9 Responses to “Plowing through Dunes, and Jones”

  1. Jay M. Says:

    Recently completed:
    Fer-de-Lance, by Rex Stout (the first Nero Wolfe novel). I had not realized how much of an s.o.b. Wolfe really was, based on the few TV movies I’d seen.

    In progress:
    Pride and Prejudice, by Jane Austen. This is the second Austen novel I’m reading. I plan to read all 6 because I have seen movies based on all 6 and all sorts of related movies, and I’m curious to see just why the books are so popular. (I’d read Sense and Sensibility just before the Nero Wolfe novel.)

    • janelindskold Says:

      I adore Nero Wolfe. I think I’ve read all the books. If you keep going, you’ll learn a bit about why he’s the way he is, but if you expect him to get warm and fuzzy, you’ll be disappointed.

      Sense and Sensibility is a first novel with a first novel’s flaws: too many characters, too many side plots. The movie script combined many of these to the greater advantage.

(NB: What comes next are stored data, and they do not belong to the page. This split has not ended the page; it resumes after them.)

-- ===== src/Tests/Plugins.antt =====
-- Examples of the theorems on plugins, answerers, and whole searches.
use opencode_optimised_tooli.Prelude.{
  codes, has_prefix, split_on, if◌then◌else◌, ◌==◌, Bool, List, Option, String, [], contains, false,
  insert, keep, lookup, map, none, refl, some, true, ℕ, ◌++◌, ◌+◌, ◌∷◌, ◌≡◌, ◌⊎◌, list_eq, nat_eq,
  pair_eq, string_eq,
}
use opencode_optimised_tooli.Results.Answers.{Answer}
use opencode_optimised_tooli.Results.Container.{done}
use opencode_optimised_tooli.Plugins.Storage.{
  Plugin, chosen, pre_search, on_result, register, split, first_word, call_all,
}
use opencode_optimised_tooli.Plugins.Storage.Loops.{Passes, Stops, pre_search_outcomes}
use opencode_optimised_tooli.Plugins.Answerers.{
  Answerer, new_storage, ask, mark, ask_all, append_by, register as register_answerer,
}
use opencode_optimised_tooli.Plugins.Answerers.Laws.{copies, ask-register}
use opencode_optimised_tooli.Search.Processor.{SearchQuery}
use opencode_optimised_tooli.Search.Whole.{Site, search_external_bang, Searches, by_bang}
use opencode_optimised_tooli.Search.Whole.Redirected.{Searches-Spelled}
use opencode_optimised_tooli.ExternalBang.Laws.{Spells, at_branch, down}
use opencode_optimised_tooli.ExternalBang.Redirect.{Resolves}
use opencode_optimised_tooli.ExternalBang.{
  branch, url_from, redirect, get_bang_definition_and_ac, get_node, walk, step, found, get,
  resolve_bang_definition, resolve_parts, replace_mark,
}
use opencode_optimised_tooli.Tests.Results.{env, container}
use opencode_optimised_tooli.Tests.WebAdapter.{bangs, urls, ddg_definition, bangs-IsTrie}
use opencode_optimised_tooli.Tests.Search.{times, ddg_processor, second_page}

-- A plugin that counts its calls, and answers by `answer`.
abbrev counting : ℕ → String → Option Bool → Plugin ℕ ℕ ℕ
counting address id answer = record {
  address = address;
  id = id;
  keywords = [];
  init = true;
  pre_search = λ n. (answer, n + 1);
  on_result = λ n. (answer, n + 1);
  post_search = λ c. some [];
}

-- One raises, one is not chosen, one refuses, and one is never called.
abbrev plugins : List (Plugin ℕ ℕ ℕ)
plugins =
    counting 1 "a" none
    ∷ counting 2 "b" (some false)
    ∷ counting 3 "c" (some false)
    ∷ counting 4 "d" (some true)
    ∷ []

abbrev user_plugins : List String
user_plugins = "a" ∷ "c" ∷ "d" ∷ []

the_third_stops : pre_search user_plugins plugins 0 ≡ (false, 2)
unfolding pre_search call_all chosen keep contains
the_third_stops = refl

pre_search_outcomes_example :
    (((pre_search user_plugins plugins 0).0 ≡ true)
        × Passes
            (map (λ p. p.pre_search) (chosen user_plugins plugins))
            0
            (pre_search user_plugins plugins 0).1
      ⊎ ((pre_search user_plugins plugins 0).0 ≡ false)
        × Stops
            (map (λ p. p.pre_search) (chosen user_plugins plugins))
            0
            (pre_search user_plugins plugins 0).1)
    × (((on_result user_plugins plugins 7).0 ≡ true)
          × Passes
              (map (λ p. p.on_result) (chosen user_plugins plugins))
              7
              (on_result user_plugins plugins 7).1
        ⊎ ((on_result user_plugins plugins 7).0 ≡ false)
          × Stops
              (map (λ p. p.on_result) (chosen user_plugins plugins))
              7
              (on_result user_plugins plugins 7).1)
pre_search_outcomes_example = pre_search_outcomes user_plugins plugins 0 7

abbrev answer : String → Answer
answer s = record { hash = 1; template = "answer/legacy.html"; engine = ""; answer = s }

abbrev random : Answerer
random = record { address = 1; keywords = "random" ∷ []; answer = λ query. answer "4" ∷ [] }

ask-register_example :
    (first_word (split "random number") ≡ none
      → ask "random number" (register_answerer random new_storage) ≡ [])
    × ((keyword : String)
        → first_word (split "random number") ≡ some keyword
        → ask "random number" (register_answerer random new_storage)
          ≡ ask "random number" new_storage
            ++ copies keyword ("random" ∷ []) (map (mark keyword) (answer "4" ∷ [])))
ask-register_example = ask-register "random number" random new_storage

random_is_asked :
    ask "random number" (register_answerer random new_storage) ≡ mark "random" (answer "4") ∷ []
unfolding ask split ask_all lookup register append_by insert register_answerer
random_is_asked = refl

-- A site whose trie has the bang `d` of one address.
abbrev site : Site env times ℕ
site = record {
  max_page = 0;
  now = 0;
  max_request_timeout = none;
  processors = ("ddg", ddg_processor) ∷ [];
  answerers = register_answerer random new_storage;
  plugins = [];
  user_plugins = [];
  trie = branch bangs;
  urls = urls;
  string_of = λ url. if url == codes "https://ddg.gg/antt" then "https://ddg.gg/antt" else "";
}

a_bang_redirects :
    search_external_bang env times site
      (record second_page { external_bang = some (codes "d") })
      container
    ≡ done (true, record container { redirect_url = some "https://ddg.gg/antt" })
unfolding search_external_bang url_from redirect get_bang_definition_and_ac get_node walk step found
    get resolve_bang_definition resolve_parts replace_mark has_prefix split_on
a_bang_redirects = refl

abbrev bang_search : SearchQuery
bang_search = record second_page { external_bang = some (codes "d") }

abbrev run :
    Searches env times site bang_search container
      (done (record container { redirect_url = some "https://ddg.gg/antt" }))
run =
    by_bang container (record container { redirect_url = some "https://ddg.gg/antt" })
      a_bang_redirects

ddg-Spells : Spells (branch bangs) (codes "d") ddg_definition
unfolding get
ddg-Spells = down bangs 100 [] [] ddg_definition _ refl (at_branch _ ddg_definition refl)

ddg-Resolves : Resolves urls ddg_definition (codes "antt") (codes "https://ddg.gg/antt")
unfolding resolve_bang_definition resolve_parts replace_mark has_prefix split_on
ddg-Resolves = (5, refl)

Searches-Spelled_example :
    done (record container { redirect_url = some "https://ddg.gg/antt" })
    ≡ done (record container { redirect_url = some (site.string_of (codes "https://ddg.gg/antt")) })
Searches-Spelled_example =
    Searches-Spelled env times site bang_search container
      (done (record container { redirect_url = some "https://ddg.gg/antt" })) (codes "d")
      ddg_definition (codes "https://ddg.gg/antt") bangs-IsTrie refl refl ddg-Spells ddg-Resolves
      run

      I rather adore PRIDE AND PREJUDICE. So does my husband, so I don’t think it’s a “girl thing.” My favorite adaptation is the mini-series, rather than any of the movies.

      • Jay M. Says:

        Two-thirds through “Pride and Prejudice” now. I’m realizing that watching the movies without reading the books is like watching the “Harry Potter” movies without reading the books. There is a lot of assumed knowledge which is confusing if you haven’t read the original. The main thing: I *finally* understand Darcy’s feelings toward Elizabeth. It’s really hard to portray the man’s unspoken thoughts on screen, at least in the three movie versions I’ve seen.


        I don’t expect Wolfe to be warm and fuzzy. Arranging another man’s death just to avoid going outside seemed a bit extreme, though.

      • Jane Lindskold Says:

        It’s not uncommon for mysteries of that time to end with something that results in the death of the suspect. This permitted closure, without the need for the realities of the case going to court and actual rules of evidence coming into play.

    • Chad Merkley Says:

      My opinion is that P&P is Austen’s best novel. Northanger Abbey was written before S&S, but published later. Just keep in mind that it was written by a teenager when you read it. Mansfield Park is full of characters that make you want to punch them. Emma is fun. I can’t remember much about my reaction to Persuasion.

  2. Louis Robinson Says:

    I’ve come to the conclusion that for Herbert, sequels were a mistake. Dosadi Experiment also disappoints compared to Whipping Star.

    Have to admit to not reading much other that on-line discussions & lately. Been getting my idea fix from lecturs from the Learning Company. Just finished sequences on Foundations of Western Civilisation and Rome and the Barbarians. That last term is one that should be tossed around with care, remembering that the Romans numbered Carthage and Persia among the ‘barbarian’ at the gates. And, as far as the Greeks were concerned Rome was right at the top of the list 😉

  3. Paul Dellinger Says:

    I think I got “Pride and Prejudice” free on Kindle. Had never read it, and felt I should, especially as a library book club I’m in had chosen “Pride and Prejudice and Zombies” one month. I would have hated to read that without reading the source material – which, no surprise, was tons better.

  4. Chad Merkley Says:

    I’ve been reading more by Charles de Lint: Widdershins and The Blue Girl were both very good, but very different. I also read The Wood Wife by Terri Windling. It made me want to write more poetry.

    I’ve pretty much gone through all the Diana Wynne Jones books available at the local library, but I know there are some still out there. I need to plan on a used bookstore prowl, soon.